→ Work request: Within the listing below, please copy exactly the lines between the line holding "run-keeps m [] apart = apart" and the line holding "pub maker_run-IsDisjoint : (ts", inclusive.

★ ★ ★

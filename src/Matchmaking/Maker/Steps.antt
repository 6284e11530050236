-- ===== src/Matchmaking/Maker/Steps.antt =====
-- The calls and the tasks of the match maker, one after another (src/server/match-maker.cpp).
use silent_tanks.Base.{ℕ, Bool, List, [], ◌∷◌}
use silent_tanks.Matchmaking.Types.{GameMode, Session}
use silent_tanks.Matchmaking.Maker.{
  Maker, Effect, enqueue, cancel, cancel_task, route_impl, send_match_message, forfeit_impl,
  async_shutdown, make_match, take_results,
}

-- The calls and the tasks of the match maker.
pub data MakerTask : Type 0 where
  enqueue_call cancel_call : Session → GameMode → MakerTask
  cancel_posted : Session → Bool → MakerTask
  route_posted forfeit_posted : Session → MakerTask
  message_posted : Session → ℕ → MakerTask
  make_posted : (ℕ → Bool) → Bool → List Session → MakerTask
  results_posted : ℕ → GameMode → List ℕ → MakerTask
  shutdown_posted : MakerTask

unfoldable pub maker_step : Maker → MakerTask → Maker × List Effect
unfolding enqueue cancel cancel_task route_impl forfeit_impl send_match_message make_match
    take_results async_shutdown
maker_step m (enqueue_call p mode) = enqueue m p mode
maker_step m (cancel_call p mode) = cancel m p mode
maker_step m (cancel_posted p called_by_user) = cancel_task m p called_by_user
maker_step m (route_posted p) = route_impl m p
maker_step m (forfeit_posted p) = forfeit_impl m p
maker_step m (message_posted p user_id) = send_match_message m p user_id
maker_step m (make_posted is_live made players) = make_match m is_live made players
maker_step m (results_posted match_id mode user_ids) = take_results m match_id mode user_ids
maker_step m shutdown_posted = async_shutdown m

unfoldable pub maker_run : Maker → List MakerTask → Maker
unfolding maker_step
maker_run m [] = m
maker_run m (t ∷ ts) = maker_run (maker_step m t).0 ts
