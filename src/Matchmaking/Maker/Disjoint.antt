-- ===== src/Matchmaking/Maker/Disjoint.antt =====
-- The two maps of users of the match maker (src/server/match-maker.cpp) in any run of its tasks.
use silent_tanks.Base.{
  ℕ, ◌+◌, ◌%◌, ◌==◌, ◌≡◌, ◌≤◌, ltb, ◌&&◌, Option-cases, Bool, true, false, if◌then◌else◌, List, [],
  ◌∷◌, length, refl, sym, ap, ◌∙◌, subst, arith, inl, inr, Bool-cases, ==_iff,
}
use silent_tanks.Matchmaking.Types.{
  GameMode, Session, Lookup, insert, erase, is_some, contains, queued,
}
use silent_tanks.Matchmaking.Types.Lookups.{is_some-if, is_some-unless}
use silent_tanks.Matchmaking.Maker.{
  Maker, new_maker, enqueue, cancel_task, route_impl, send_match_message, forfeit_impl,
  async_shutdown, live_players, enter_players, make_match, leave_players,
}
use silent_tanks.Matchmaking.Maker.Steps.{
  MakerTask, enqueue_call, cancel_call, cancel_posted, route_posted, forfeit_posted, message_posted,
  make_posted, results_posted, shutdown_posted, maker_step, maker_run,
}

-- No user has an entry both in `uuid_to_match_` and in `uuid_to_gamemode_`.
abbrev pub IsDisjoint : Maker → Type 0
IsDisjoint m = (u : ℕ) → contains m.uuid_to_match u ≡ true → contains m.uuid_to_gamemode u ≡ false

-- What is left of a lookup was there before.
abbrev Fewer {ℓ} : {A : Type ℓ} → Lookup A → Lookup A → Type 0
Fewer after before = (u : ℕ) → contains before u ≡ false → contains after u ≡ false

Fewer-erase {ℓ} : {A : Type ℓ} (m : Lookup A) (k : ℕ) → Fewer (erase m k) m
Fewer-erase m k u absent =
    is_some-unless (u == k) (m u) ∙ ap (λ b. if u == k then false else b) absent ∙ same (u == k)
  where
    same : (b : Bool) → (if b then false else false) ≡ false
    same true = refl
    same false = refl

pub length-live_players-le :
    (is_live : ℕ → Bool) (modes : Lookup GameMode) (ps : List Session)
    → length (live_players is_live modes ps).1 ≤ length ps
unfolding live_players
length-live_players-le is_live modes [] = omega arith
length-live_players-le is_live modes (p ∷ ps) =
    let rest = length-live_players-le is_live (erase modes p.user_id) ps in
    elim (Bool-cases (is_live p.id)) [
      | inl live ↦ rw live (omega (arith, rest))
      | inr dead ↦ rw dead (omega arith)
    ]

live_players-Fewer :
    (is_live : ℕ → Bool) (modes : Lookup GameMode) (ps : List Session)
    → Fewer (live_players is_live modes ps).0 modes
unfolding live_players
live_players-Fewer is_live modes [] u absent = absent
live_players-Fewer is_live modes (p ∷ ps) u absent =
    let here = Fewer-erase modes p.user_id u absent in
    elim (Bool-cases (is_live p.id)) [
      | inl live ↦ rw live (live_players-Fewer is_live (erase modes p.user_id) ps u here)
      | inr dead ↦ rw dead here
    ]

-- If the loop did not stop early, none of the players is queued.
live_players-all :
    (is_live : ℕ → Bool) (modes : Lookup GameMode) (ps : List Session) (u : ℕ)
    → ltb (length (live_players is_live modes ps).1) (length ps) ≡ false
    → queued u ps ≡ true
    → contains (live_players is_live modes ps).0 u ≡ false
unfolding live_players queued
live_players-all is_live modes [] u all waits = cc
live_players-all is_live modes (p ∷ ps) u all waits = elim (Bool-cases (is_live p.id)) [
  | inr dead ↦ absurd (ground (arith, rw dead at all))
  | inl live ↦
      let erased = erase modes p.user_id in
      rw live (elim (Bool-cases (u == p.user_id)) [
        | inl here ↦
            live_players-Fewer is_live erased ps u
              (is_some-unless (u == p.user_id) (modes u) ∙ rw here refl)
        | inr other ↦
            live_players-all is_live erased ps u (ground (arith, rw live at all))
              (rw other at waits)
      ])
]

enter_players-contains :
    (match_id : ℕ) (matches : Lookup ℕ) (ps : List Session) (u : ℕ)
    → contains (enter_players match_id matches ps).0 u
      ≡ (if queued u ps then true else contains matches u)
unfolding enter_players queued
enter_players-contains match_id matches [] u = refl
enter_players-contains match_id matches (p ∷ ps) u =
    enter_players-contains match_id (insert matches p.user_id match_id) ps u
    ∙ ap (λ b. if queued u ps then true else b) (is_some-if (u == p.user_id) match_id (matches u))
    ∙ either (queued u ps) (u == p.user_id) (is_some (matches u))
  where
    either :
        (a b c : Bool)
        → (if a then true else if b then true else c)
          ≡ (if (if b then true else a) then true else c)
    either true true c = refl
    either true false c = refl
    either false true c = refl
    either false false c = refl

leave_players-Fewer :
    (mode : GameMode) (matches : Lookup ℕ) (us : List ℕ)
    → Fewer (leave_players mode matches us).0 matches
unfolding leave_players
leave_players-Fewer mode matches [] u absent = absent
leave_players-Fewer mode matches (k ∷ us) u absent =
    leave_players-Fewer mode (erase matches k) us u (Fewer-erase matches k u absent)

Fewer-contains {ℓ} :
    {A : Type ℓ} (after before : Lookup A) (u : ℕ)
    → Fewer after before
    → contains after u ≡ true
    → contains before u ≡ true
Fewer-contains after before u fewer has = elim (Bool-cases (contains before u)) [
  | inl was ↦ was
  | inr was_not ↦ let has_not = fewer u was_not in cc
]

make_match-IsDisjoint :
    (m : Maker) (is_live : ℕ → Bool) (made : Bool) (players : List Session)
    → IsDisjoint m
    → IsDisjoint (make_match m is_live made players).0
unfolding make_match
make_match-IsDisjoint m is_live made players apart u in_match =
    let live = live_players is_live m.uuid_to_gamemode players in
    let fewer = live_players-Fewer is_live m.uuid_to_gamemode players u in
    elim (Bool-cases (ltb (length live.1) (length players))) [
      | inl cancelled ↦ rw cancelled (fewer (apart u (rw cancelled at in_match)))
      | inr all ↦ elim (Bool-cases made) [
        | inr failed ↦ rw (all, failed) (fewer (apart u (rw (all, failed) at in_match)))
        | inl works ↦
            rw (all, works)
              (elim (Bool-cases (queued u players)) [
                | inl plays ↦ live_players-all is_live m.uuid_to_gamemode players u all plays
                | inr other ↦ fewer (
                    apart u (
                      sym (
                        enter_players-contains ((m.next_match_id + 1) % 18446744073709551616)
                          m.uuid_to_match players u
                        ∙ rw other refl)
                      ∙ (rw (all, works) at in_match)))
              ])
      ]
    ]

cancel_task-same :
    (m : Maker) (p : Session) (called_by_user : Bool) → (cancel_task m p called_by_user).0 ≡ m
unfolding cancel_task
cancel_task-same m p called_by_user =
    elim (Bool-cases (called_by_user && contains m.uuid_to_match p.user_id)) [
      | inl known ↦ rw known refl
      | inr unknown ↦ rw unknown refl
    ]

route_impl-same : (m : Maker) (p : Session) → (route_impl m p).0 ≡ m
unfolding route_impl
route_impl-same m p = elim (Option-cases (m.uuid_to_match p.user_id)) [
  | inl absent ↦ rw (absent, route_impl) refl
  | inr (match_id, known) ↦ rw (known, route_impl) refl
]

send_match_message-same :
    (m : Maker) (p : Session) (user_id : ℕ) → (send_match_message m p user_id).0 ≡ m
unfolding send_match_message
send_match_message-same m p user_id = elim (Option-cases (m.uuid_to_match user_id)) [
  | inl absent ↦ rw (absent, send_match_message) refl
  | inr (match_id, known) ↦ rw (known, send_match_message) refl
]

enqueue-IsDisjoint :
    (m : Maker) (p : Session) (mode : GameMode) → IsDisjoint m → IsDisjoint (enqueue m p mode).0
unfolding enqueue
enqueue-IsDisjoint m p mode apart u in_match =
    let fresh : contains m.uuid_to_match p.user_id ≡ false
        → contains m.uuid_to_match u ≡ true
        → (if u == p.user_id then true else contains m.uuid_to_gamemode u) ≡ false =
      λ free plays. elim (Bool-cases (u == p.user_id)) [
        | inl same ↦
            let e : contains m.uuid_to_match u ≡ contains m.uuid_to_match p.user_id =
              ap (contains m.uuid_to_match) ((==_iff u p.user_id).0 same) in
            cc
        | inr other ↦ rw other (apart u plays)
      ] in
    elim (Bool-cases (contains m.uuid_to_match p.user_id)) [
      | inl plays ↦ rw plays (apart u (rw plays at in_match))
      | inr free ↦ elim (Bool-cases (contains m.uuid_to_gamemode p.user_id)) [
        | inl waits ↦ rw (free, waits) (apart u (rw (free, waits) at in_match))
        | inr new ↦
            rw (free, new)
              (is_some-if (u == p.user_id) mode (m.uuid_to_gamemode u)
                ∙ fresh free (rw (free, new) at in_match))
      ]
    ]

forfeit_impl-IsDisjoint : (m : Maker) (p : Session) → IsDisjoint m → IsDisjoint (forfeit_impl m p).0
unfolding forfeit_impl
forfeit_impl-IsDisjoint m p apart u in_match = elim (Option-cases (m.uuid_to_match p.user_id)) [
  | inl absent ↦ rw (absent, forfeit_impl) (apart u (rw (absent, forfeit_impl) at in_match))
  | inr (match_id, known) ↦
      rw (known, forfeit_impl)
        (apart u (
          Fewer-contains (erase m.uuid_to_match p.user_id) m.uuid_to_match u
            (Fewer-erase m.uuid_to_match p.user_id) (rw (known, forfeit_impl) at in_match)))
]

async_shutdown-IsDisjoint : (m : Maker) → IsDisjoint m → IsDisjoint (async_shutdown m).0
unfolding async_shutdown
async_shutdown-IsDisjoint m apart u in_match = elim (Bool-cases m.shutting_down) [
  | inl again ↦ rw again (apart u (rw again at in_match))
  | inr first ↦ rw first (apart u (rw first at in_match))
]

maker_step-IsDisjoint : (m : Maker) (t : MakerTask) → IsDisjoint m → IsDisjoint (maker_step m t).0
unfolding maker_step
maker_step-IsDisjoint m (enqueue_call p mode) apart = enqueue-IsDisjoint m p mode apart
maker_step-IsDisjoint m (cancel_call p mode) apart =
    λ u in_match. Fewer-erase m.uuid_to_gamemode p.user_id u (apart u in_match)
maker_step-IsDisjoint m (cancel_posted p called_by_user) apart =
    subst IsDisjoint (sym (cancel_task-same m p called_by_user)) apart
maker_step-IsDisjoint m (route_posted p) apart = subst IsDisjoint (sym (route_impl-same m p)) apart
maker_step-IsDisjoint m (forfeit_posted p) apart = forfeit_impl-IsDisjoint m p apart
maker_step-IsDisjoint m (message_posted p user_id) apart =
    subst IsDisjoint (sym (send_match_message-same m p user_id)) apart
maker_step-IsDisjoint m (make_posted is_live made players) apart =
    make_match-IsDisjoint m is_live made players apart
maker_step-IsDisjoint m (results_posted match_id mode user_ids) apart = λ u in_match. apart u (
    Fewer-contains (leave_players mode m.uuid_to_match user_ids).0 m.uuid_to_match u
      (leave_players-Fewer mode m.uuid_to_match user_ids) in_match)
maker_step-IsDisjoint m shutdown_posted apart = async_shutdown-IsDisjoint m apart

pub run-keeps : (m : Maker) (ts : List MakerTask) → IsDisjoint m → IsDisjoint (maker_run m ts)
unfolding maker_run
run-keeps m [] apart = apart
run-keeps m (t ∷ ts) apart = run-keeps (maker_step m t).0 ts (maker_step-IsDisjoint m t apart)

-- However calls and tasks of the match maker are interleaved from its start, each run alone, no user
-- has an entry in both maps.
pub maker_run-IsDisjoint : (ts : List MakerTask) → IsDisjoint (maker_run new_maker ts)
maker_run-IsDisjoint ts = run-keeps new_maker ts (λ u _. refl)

★ ★ ★

→ Result for this task:
run-keeps m [] apart = apart
run-keeps m (t ∷ ts) apart = run-keeps (maker_step m t).0 ts (maker_step-IsDisjoint m t apart)

-- However calls and tasks of the match maker are interleaved from its start, each run alone, no user
-- has an entry in both maps.
pub maker_run-IsDisjoint : (ts : List MakerTask) → IsDisjoint (maker_run new_maker ts)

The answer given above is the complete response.